Clearly Speaking Your Needs
Truth #1: Your needs DO matter. In fact, in my opinion, your needs are one of the most important things in your life. When you know what you value and know what you need, you can richly engage in your life. You no longer become chained to your to-do list or stuck in worry or doubt because you KNOW what is most important to you.
Truth #2: Basic human nature is to only think about ourselves. So other people, in general, are too busy thinking about their needs to worry about yours. In other words, if you aren't looking out for your needs, probably no one else is. Your needs ARE NOT a priority for other people.

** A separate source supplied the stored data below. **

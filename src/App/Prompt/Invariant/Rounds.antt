-- ===== src/App/Prompt/Invariant/Rounds.antt =====
-- internal/app/prompt.go: the loop of `consumePrompt` keeps its invariants.
use cyber_foreman.Prelude.{ℕ, Bool, ◌≡◌, refl, List, [], ◌∷◌}
use cyber_foreman.Supervisor.Types.{Snapshot}
use cyber_foreman.Event.{Event}
use cyber_foreman.App.Prompt.TurnEnd.{PromptOutcome}
use cyber_foreman.App.Types.{Service}
use cyber_foreman.App.Verify.{VerificationReport}
use cyber_foreman.App.Prompt.State.{Plant, Loop, Outcome, stay, leave, loop_of, new_prompt_snapshot}
use cyber_foreman.App.Prompt.Rounds.{
  Input, acted, event, closed, mid_turn_due, mid_turn_reviewed, ended_turn, idle_due, hard_due,
  waiting_due, done, round, rounds, begin,
}
use cyber_foreman.App.Prompt.Invariant.{report_of, Invariant, Holds, start_prompt-Holds}
use cyber_foreman.App.Prompt.Invariant.Actions.{on_action-Holds}
use cyber_foreman.App.Prompt.Invariant.Events.{on_event-Holds, on_closed-Holds}
use cyber_foreman.App.Prompt.Invariant.Timers.{
  on_mid_turn_due-Holds, on_mid_turn_outcome-Holds, on_idle_due-Holds, on_hard_due-Holds,
  on_waiting_due-Holds,
}
use cyber_foreman.App.Prompt.Invariant.TurnEnd.{on_outcome-Holds}

module _ {J S W : Type 0} {p : Plant J S W} {R : VerificationReport → Type 0}
    {I : Service J S → Snapshot → ℕ → Type 0} (inv : Invariant p R I) where
  -- Every round keeps an invariant.
  pub round-Holds :
      (now : ℕ) (i : Input) (l : Loop J S W)
      → ((ended : Bool) (o : PromptOutcome) (es : List Event)
          → i ≡ ended_turn ended o
          → R (report_of p now l es))
      → Holds inv l
      → Holds inv (loop_of (round p now i l))
  unfolding round
  round-Holds now (acted a) l k h = on_action-Holds inv a now l h
  round-Holds now (event e) l k h = on_event-Holds inv e now l h
  round-Holds now (closed b) l k h = on_closed-Holds inv b now l h
  round-Holds now mid_turn_due l k h = on_mid_turn_due-Holds inv l h
  round-Holds now (mid_turn_reviewed g r) l k h = on_mid_turn_outcome-Holds inv g r now l h
  round-Holds now (ended_turn b o) l k h = on_outcome-Holds inv b o now l (λ c. k b o c refl) h
  round-Holds now idle_due l k h = on_idle_due-Holds inv now l h
  round-Holds now hard_due l k h = on_hard_due-Holds inv now l h
  round-Holds now waiting_due l k h = on_waiting_due-Holds inv now l h
  round-Holds now done l k h = h

  pub rounds-Holds :
      ((r : VerificationReport) → R r)
      → (is : List (ℕ × Input)) (o : Outcome J S W) → Holds inv (loop_of o)
      → Holds inv (loop_of (rounds p is o))
  unfolding rounds
  rounds-Holds g [] o h = h
  rounds-Holds g ((now, i) ∷ is) (stay l) h =
      rounds-Holds g is (round p now i l) (round-Holds now i l (λ b o c e. g _) h)
  rounds-Holds g ((now, i) ∷ is) (leave l) h = h

  pub begin-Holds :
      (now : ℕ) (s : Service J S) (w : W)
      → I s (new_prompt_snapshot p.task_id p.runtime.policy now) 0
      → Holds inv (begin p now s w)
  unfolding begin
  begin-Holds now s w h = start_prompt-Holds inv _ _ _ _ now _ h
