-- ===== src/Gateway/Reservations/Slots.antt =====
-- The table of waiting connections stays small.
use minepanel_backend.Common.{
  ◌≤◌, String, ◌≡◌, refl, Bool, true, false, not, ◌||◌, List, [], ◌∷◌, any, filter, update, length,
  length-append, length-filter-le, leb, ◌==◌, arith, inl, inr, Bool-cases, string_eq,
}
use minepanel_backend.Gateway.Reservations.{
  Reservation, Reservations, pending_cap, is_for, reserve, is_free, claim, close_if, release,
  release_all, on_module_destroy, Event, connect, authenticate, finish, disconnect, expire,
  shut_down, happen, run,
}

length-update :
    (p : Reservation → Bool) (f : Reservation → Reservation) (rs : List Reservation)
    → length (update p f rs) ≡ length rs
length-update p f [] = refl
length-update p f (r ∷ rs) = omega (arith, length-update p f rs)

-- at most `PENDING_CAP` connections wait
abbrev pub IsSmall : Reservations → Type 0
IsSmall s = length s.pending ≤ pending_cap

reserve-IsSmall : (id : String) (s : Reservations) → IsSmall s → IsSmall (reserve id s)
unfolding reserve
reserve-IsSmall id s h =
    elim (Bool-cases
      (id == "" || leb pending_cap (length s.pending) || any (is_for id) s.pending)) [
        | inl full ↦ rw full h
        | inr room ↦ rw room (
            ground
              (arith, room, length-append s.pending (record { id = id; claimed = false } ∷ [])))
      ]

claim-IsSmall : (id : String) (s : Reservations) → IsSmall s → IsSmall (claim id s).1
unfolding claim
claim-IsSmall id s h = elim (Bool-cases (any (is_free id) s.pending)) [
  | inl hit ↦
      rw hit
        (omega (arith, h, length-update (is_for id) (λ r. record r { claimed = true }) s.pending))
  | inr miss ↦ rw miss h
]

pub close_if-pending :
    (b : Bool) (id : String) (s : Reservations) → (close_if b id s).pending ≡ s.pending
close_if-pending true id s = refl
close_if-pending false id s = refl

length-closed :
    (b : Bool) (id : String) (s : Reservations)
    → length (close_if b id s).pending ≡ length s.pending
length-closed true id s = refl
length-closed false id s = refl

release-IsSmall :
    (id : String) (b : Bool) (s : Reservations) → IsSmall s → IsSmall (release id b s).1
unfolding release
release-IsSmall id b s h = elim (Bool-cases (any (is_for id) s.pending)) [
  | inl hit ↦ rw hit (
      omega (
        arith,
        h,
        length-filter-le (λ r. not (is_for id r)) s.pending,
        length-closed b id (record s { pending = filter (λ r. not (is_for id r)) s.pending }),
      ))
  | inr miss ↦ rw miss h
]

release_all-IsSmall :
    (rs : List Reservation) (s : Reservations) → IsSmall s → IsSmall (release_all rs s)
release_all-IsSmall [] s h = h
release_all-IsSmall (r ∷ rs) s h =
    release_all-IsSmall rs (release r.id true s).1 (release-IsSmall r.id true s h)

happen-IsSmall : (e : Event) (s : Reservations) → IsSmall s → IsSmall (happen e s)
unfolding happen on_module_destroy
happen-IsSmall (connect id) s h = reserve-IsSmall id s h
happen-IsSmall (authenticate id) s h = claim-IsSmall id s h
happen-IsSmall (finish id) s h = release-IsSmall id false s h
happen-IsSmall (disconnect id) s h = release-IsSmall id false s h
happen-IsSmall (expire id) s h = release-IsSmall id true s h
happen-IsSmall shut_down s h = release_all-IsSmall s.pending s h

-- After any events at most 100 connections wait for their authentication.
pub run-IsSmall : (es : List Event) (s : Reservations) → IsSmall s → IsSmall (run es s)
run-IsSmall [] s h = h
run-IsSmall (e ∷ es) s h = run-IsSmall es (happen e s) (happen-IsSmall e s h)
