-- ===== src/Gateway/Reservations/Claims.antt =====
-- A waiting connection is claimed once.
use minepanel_backend.Common.{
  String, ◌≡◌, refl, sym, subst, ◌∙◌, eq_iff, Bool, true, false, not, ◌||◌, List, [], ◌∷◌, ◌++◌,
  All, any, filter, update, length, leb, ◌==◌, ==-true, arith, inl, inr, Bool-cases, string_eq,
}
use minepanel_backend.Gateway.Reservations.{
  Reservation, Reservations, pending_cap, is_for, reserve, is_free, claim, release, Event, connect,
  authenticate, finish, disconnect, expire, shut_down, happen, run,
}
use minepanel_backend.Gateway.Reservations.Slots.{close_if-pending}

-- the events after which the connection no longer waits
abbrev pub ends : String → Event → Bool
ends id (connect x) = false
ends id (authenticate x) = false
ends id (finish x) = x == id
ends id (disconnect x) = x == id
ends id (expire x) = x == id
ends id shut_down = true

-- there is an entry of the connection, and none that is still free
abbrev IsClaimed : String → List Reservation → Type 0
IsClaimed id rs = (any (is_for id) rs ≡ true) × (any (is_free id) rs ≡ false)

marked-any :
    (id : String) (rs : List Reservation)
    → any (is_free id) rs ≡ true
    → any (is_for id) (update (is_for id) (λ r. record r { claimed = true }) rs) ≡ true
marked-any id [] h = h
marked-any id (r ∷ rs) h = ground (arith, marked-any id rs)

marked-free :
    (id : String) (rs : List Reservation)
    → any (is_free id) (update (is_for id) (λ r. record r { claimed = true }) rs) ≡ false
marked-free id [] = refl
marked-free id (r ∷ rs) = ground (arith, marked-free id rs)

claim-IsClaimed-all :
    (id : String) (rs : List Reservation)
    → any (is_free id) rs ≡ true
    → IsClaimed id (update (is_for id) (λ r. record r { claimed = true }) rs)
claim-IsClaimed-all id rs h = (marked-any id rs h, marked-free id rs)

true-false : true ≡ false → ⊥
true-false h = cc

append-any :
    (id : String) (rs : List Reservation) (r : Reservation)
    → any (is_for id) rs ≡ true
    → any (is_for id) (rs ++ r ∷ []) ≡ true
append-any id [] r h = absurd (true-false (sym h))
append-any id (x ∷ rs) r h = ground (arith, append-any id rs r)

append-free :
    (id : String) (rs : List Reservation) (r : Reservation)
    → any (is_free id) rs ≡ false
    → is_free id r ≡ false
    → any (is_free id) (rs ++ r ∷ []) ≡ false
append-free id [] r h away = rw away refl
append-free id (x ∷ rs) r h away = ground (arith, append-free id rs r)

update-for :
    (id x : String) (rs : List Reservation)
    → any (is_for id) rs ≡ true
    → any (is_for id) (update (is_for x) (λ r. record r { claimed = true }) rs) ≡ true
update-for id x [] h = h
update-for id x (r ∷ rs) h = ground (arith, update-for id x rs)

update-free :
    (id x : String) (rs : List Reservation)
    → any (is_free id) rs ≡ false
    → any (is_free id) (update (is_for x) (λ r. record r { claimed = true }) rs) ≡ false
update-free id x [] h = h
update-free id x (r ∷ rs) h = ground (arith, update-free id x rs)

filter-free :
    (id x : String) (rs : List Reservation)
    → any (is_free id) rs ≡ false
    → any (is_free id) (filter (λ r. not (is_for x r)) rs) ≡ false
filter-free id x [] h = h
filter-free id x (r ∷ rs) h = ground (arith, filter-free id x rs)

both_ids :
    (id x : String) (r : Reservation) → (x == id) ≡ false → is_for x r ≡ true → is_for id r ≡ false
both_ids id x r apart hit = ground (arith, eq_iff r.id x, eq_iff r.id id, eq_iff x id)

filter-for :
    (id x : String) (rs : List Reservation)
    → (x == id) ≡ false
    → any (is_for id) rs ≡ true
    → any (is_for id) (filter (λ r. not (is_for x r)) rs) ≡ true
filter-for id x [] apart h = h
filter-for id x (r ∷ rs) apart h = elim (Bool-cases (is_for x r)) [
  | inl hit ↦ rw hit (filter-for id x rs apart (rw (both_ids id x r apart hit) at h))
  | inr miss ↦ rw miss (ground (arith, filter-for id x rs apart))
]

other_id :
    (id x : String) (rs : List Reservation)
    → any (is_for id) rs ≡ true
    → any (is_for x) rs ≡ false
    → is_free id (record { id = x; claimed = false }) ≡ false
other_id id x rs here away = elim (Bool-cases (x == id)) [
  | inl same ↦ absurd (
      true-false
        (sym here ∙ (subst (λ y. any (is_for y) rs ≡ false) (==-true {a = x} {b = id} same) away)))
  | inr apart ↦ rw apart refl
]

append-for :
    (id : String) (rs : List Reservation) (r : Reservation)
    → IsClaimed id rs
    → is_free id r ≡ false
    → IsClaimed id (rs ++ r ∷ [])
append-for id rs r h away = (append-any id rs r h.0, append-free id rs r h.1 away)

-- other entries come, are claimed and go
reserve-IsClaimed :
    (id x : String) (s : Reservations) → IsClaimed id s.pending → IsClaimed id (reserve x s).pending
unfolding reserve
reserve-IsClaimed id x s h =
    elim (Bool-cases (x == "" || leb pending_cap (length s.pending) || any (is_for x) s.pending)) [
      | inl full ↦ rw full h
      | inr room ↦ rw room (
          append-for id s.pending (record { id = x; claimed = false }) h
            (other_id id x s.pending h.0 (ground (arith, room))))
    ]

claim-IsClaimed :
    (id x : String) (s : Reservations) → IsClaimed id s.pending → IsClaimed id (claim x s).1.pending
unfolding claim
claim-IsClaimed id x s h = elim (Bool-cases (any (is_free x) s.pending)) [
  | inl hit ↦ rw hit ((update-for id x s.pending h.0, update-free id x s.pending h.1))
  | inr miss ↦ rw miss h
]

release-IsClaimed :
    (id x : String) (b : Bool) (s : Reservations)
    → (x == id) ≡ false
    → IsClaimed id s.pending
    → IsClaimed id (release x b s).1.pending
unfolding release
release-IsClaimed id x b s apart h = elim (Bool-cases (any (is_for x) s.pending)) [
  | inl hit ↦ rw hit (
      subst (IsClaimed id)
        (sym
          (close_if-pending b x (record s { pending = filter (λ r. not (is_for x r)) s.pending })))
        (filter-for id x s.pending apart h.0, filter-free id x s.pending h.1))
  | inr miss ↦ rw miss h
]

happen-IsClaimed :
    (id : String) (e : Event) (s : Reservations)
    → ends id e ≡ false
    → IsClaimed id s.pending
    → IsClaimed id (happen e s).pending
unfolding happen
happen-IsClaimed id (connect x) s stays h = reserve-IsClaimed id x s h
happen-IsClaimed id (authenticate x) s stays h = claim-IsClaimed id x s h
happen-IsClaimed id (finish x) s stays h = release-IsClaimed id x false s stays h
happen-IsClaimed id (disconnect x) s stays h = release-IsClaimed id x false s stays h
happen-IsClaimed id (expire x) s stays h = release-IsClaimed id x true s stays h
happen-IsClaimed id shut_down s stays h = absurd (true-false stays)

run-IsClaimed :
    (id : String) (es : List Event) (s : Reservations)
    → All (λ e. ends id e ≡ false) es
    → IsClaimed id s.pending
    → IsClaimed id (run es s).pending
run-IsClaimed id [] s stays h = h
run-IsClaimed id (e ∷ es) s stays h =
    run-IsClaimed id es (happen e s) stays.1 (happen-IsClaimed id e s stays.0 h)

claimed-claim : (id : String) (s : Reservations) → IsClaimed id s.pending → (claim id s).0 ≡ false
unfolding claim
claimed-claim id s h = rw h.1 refl

claim-claims :
    (id : String) (s : Reservations) → (claim id s).0 ≡ true → IsClaimed id (claim id s).1.pending
unfolding claim
claim-claims id s h = elim (Bool-cases (any (is_free id) s.pending)) [
  | inl hit ↦ rw hit (claim-IsClaimed-all id s.pending hit)
  | inr miss ↦ absurd (true-false (sym (rw miss at h)))
]

-- A connection is authenticated once: after a successful claim every later claim of its id fails,
-- until the connection is released, disconnects or runs into its deadline, or the service stops.
pub claim-run-claim :
    (id : String) (es : List Event) (s : Reservations)
    → (claim id s).0 ≡ true
    → All (λ e. ends id e ≡ false) es
    → (claim id (run es (claim id s).1)).0 ≡ false
claim-run-claim id es s first stays =
    claimed-claim id (run es (claim id s).1)
      (run-IsClaimed id es (claim id s).1 stays (claim-claims id s first))
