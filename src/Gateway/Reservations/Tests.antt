-- ===== src/Gateway/Reservations/Tests.antt =====
-- The waiting connections at concrete events.
use minepanel_backend.Common.{◌≡◌, refl, true, false, [], ◌∷◌, arith}
use minepanel_backend.Gateway.Reservations.{
  Reservations, reserve, claim, release, on_module_destroy, connect, authenticate, expire,
  shut_down, happen, run,
}
use minepanel_backend.Gateway.Reservations.Slots.{IsSmall, run-IsSmall}
use minepanel_backend.Gateway.Reservations.Claims.{claim-run-claim}

reservations_run : Unit {0}
unfolding reserve claim release on_module_destroy happen
reservations_run = tt

abbrev empty : Reservations
empty = record { pending = []; closed = [] }

-- a second connection with the same id and one without an id are closed, and so is a late one
closes :
    (run (connect "a" ∷ connect "a" ∷ connect "" ∷ connect "b" ∷ expire "a" ∷ []) empty).closed
    ≡ "a" ∷ "" ∷ "a" ∷ []
unfolding reservations_run
closes = refl

empties : (run (connect "a" ∷ connect "b" ∷ shut_down ∷ []) empty).pending ≡ []
unfolding reservations_run
empties = refl

run-IsSmall_example : IsSmall (run (connect "a" ∷ authenticate "a" ∷ []) empty)
run-IsSmall_example = run-IsSmall (connect "a" ∷ authenticate "a" ∷ []) empty (omega arith)

abbrev one : Reservations
one = record { pending = record { id = "a"; claimed = false } ∷ []; closed = [] }

claims_first : (claim "a" one).0 ≡ true
unfolding reservations_run
claims_first = refl

claim-run-claim_example :
    (claim "a" (run (connect "b" ∷ expire "b" ∷ []) (claim "a" one).1)).0 ≡ false
claim-run-claim_example =
    claim-run-claim "a" (connect "b" ∷ expire "b" ∷ []) one claims_first (refl, (refl, tt))
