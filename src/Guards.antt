-- ===== src/Guards.antt =====
-- src/auth/guards/, src/common/guards/: what runs before a handler.
pub mod Roles
pub mod Permissions
pub mod Jwt
pub mod PreAuth
pub mod Csrf
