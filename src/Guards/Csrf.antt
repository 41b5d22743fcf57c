-- ===== src/Guards/Csrf.antt =====
-- src/common/guards/csrf-origin.guard.ts and src/common/cors-origin.ts: from where a browser may
-- send requests that change something.
pub mod Admission
pub mod Tests
use minepanel_backend.Common.{
  String, Bool, false, not, ◌&&◌, ◌||◌, Option, none, some, [], ◌∷◌, ◌==◌, if◌then◌else◌, string_eq,
  nat_eq,
}
use minepanel_backend.Http.{Result, ok, err, forbidden, error_thrown}
use minepanel_backend.Text.{trim, all_chars, concat, ends_with_slash}

-- what `new URL` gives
pub record Url : Type 0 where
  pub protocol : String
  pub username : String
  pub password : String
  pub pathname : String
  pub search : String
  pub hash : String
  pub origin : String

abbrev pub default_origin : String
default_origin = "http://localhost:5173"

abbrev pub raw_origin : Option String → String
raw_origin none = default_origin
raw_origin (some raw) = raw

-- the tests on the parsed value, in their order
abbrev pub checked_url : Url → Result String
checked_url u =
    if not (u.protocol == "http:") && not (u.protocol == "https:")
    then err (error_thrown "CORS_ORIGIN must use http: or https:")
    else if not (u.username == "") || not (u.password == "")
    then err (error_thrown "CORS_ORIGIN must not contain credentials")
    else if not (u.pathname == "/")
    then err (error_thrown "CORS_ORIGIN must not contain a path")
    else if not (u.search == "")
    then err (error_thrown "CORS_ORIGIN must not contain a query string")
    else if not (u.hash == "")
    then err (error_thrown "CORS_ORIGIN must not contain a fragment")
    else ok u.origin

abbrev pub parsed_origin : String → Option Url → Result String
parsed_origin raw none = err (error_thrown (concat ("CORS_ORIGIN is not a valid URL: " ∷ raw ∷ [])))
parsed_origin raw (some u) = checked_url u

-- `getCanonicalCorsOrigin`; `parse_url` is `new URL`, with `none` where it throws
unfoldable pub get_canonical_cors_origin : (String → Option Url) → Option String → Result String
get_canonical_cors_origin parse_url configured =
    let raw = raw_origin configured in
    if not (raw == trim raw)
    then err (error_thrown "CORS_ORIGIN must not have surrounding whitespace")
    else if raw == ""
    then err (error_thrown "CORS_ORIGIN must not be empty")
    else if not (all_chars (λ c. not (c == b',')) raw)
    then err (error_thrown "CORS_ORIGIN must be exactly one origin, not a comma-separated list")
    else if raw == "null" || raw == "*" || ends_with_slash raw
    then err (error_thrown "CORS_ORIGIN must be an absolute http(s) origin")
    else parsed_origin raw (parse_url raw)

-- the header `Origin`
pub data OriginHeader : Type 0 where
  absent : OriginHeader
  single : String → OriginHeader
  repeated : OriginHeader

abbrev pub is_mutating : String → Bool
is_mutating method = method == "POST" || method == "PUT" || method == "PATCH" || method == "DELETE"

abbrev pub is_own_origin : String → Option String → String → Bool
is_own_origin protocol none origin = false
is_own_origin protocol (some host) origin = origin == concat (protocol ∷ "://" ∷ host ∷ [])

-- `isAllowedOrigin`
abbrev pub is_allowed_origin : String → String → Option String → String → Bool
is_allowed_origin canonical protocol host origin =
    origin == canonical || is_own_origin protocol host origin

abbrev pub origin_result : String → String → Option String → OriginHeader → Result (Unit {0})
origin_result canonical protocol host absent = ok tt
origin_result canonical protocol host repeated = err (forbidden "CsrfOriginForbidden")
origin_result canonical protocol host (single origin) =
    if is_allowed_origin canonical protocol host origin
    then ok tt
    else err (forbidden "CsrfOriginForbidden")

-- `canActivate`: the canonical origin, whether the context is HTTP, and the request's method,
-- protocol, host and origin
unfoldable pub csrf_origin_guard :
    (canonical : String) (is_http : Bool) (method protocol : String) (host : Option String)
    → OriginHeader
    → Result (Unit {0})
csrf_origin_guard canonical is_http method protocol host origin =
    if not is_http || not (is_mutating method)
    then ok tt
    else origin_result canonical protocol host origin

Truth #3: When you swallow, ignore, belittle your needs, it makes it even harder for people to remember, think about, or acknowledge them. Over time the more you don't speak up, the fewer people will think about what you might need.
Truth #4: Women generally tend to be so good at looking out for other people's needs that we forget our own.
Truth #5: The ONLY way your needs will be heard/met/satisfied if:
A. You know what they are
B. You speak them clearly.
Here are some tips for Clearly Speaking Your Needs:
YOU NEED: You want your husband to help with the kids in the morning.
Timing: In the middle of the morning rush with the kids is not the time to mention the need. You are already stressed, and your husband will feel it came out of left field. (Remember, he most likely hasn't been thinking about your needs.) Instead, pick a time when you are both calm and relaxed to share that need.
Specifics: Ask yourself what do I REALLY, REALLY NEED? Get as specific as possible. What do I want my husband to do? Make breakfast? Pack lunches? Get the kids dressed? The more specific you can get on what you need, the better you will feel and the more direction he will have to 'hit' the need.
Tone: Speaking a need isn't a demand. It is a desire, a request, a potential negotiation. So be aware of how you are sharing the need. Just because you NEED it doesn't mean someone else will make it happen. The more you can share what you need, the closer you will get to achieving it. Pay attention to how you ask and how open you are to negotiating the need.
Patience: Remember, your husband sees the world entirely differently than you. He has his perceptions, needs, ideas, thoughts. So your need may be hitting him from out of left field no matter how specific you are. Respect those differences and remember they are ok. Also, if you haven't expressed a need in a while, having a spoken need may be a new concept for him, so be patient and keep trying!!
These tips work with co-workers, friends, not just your intimate relationships. We all need to get better about paying attention to our own AND other people's needs.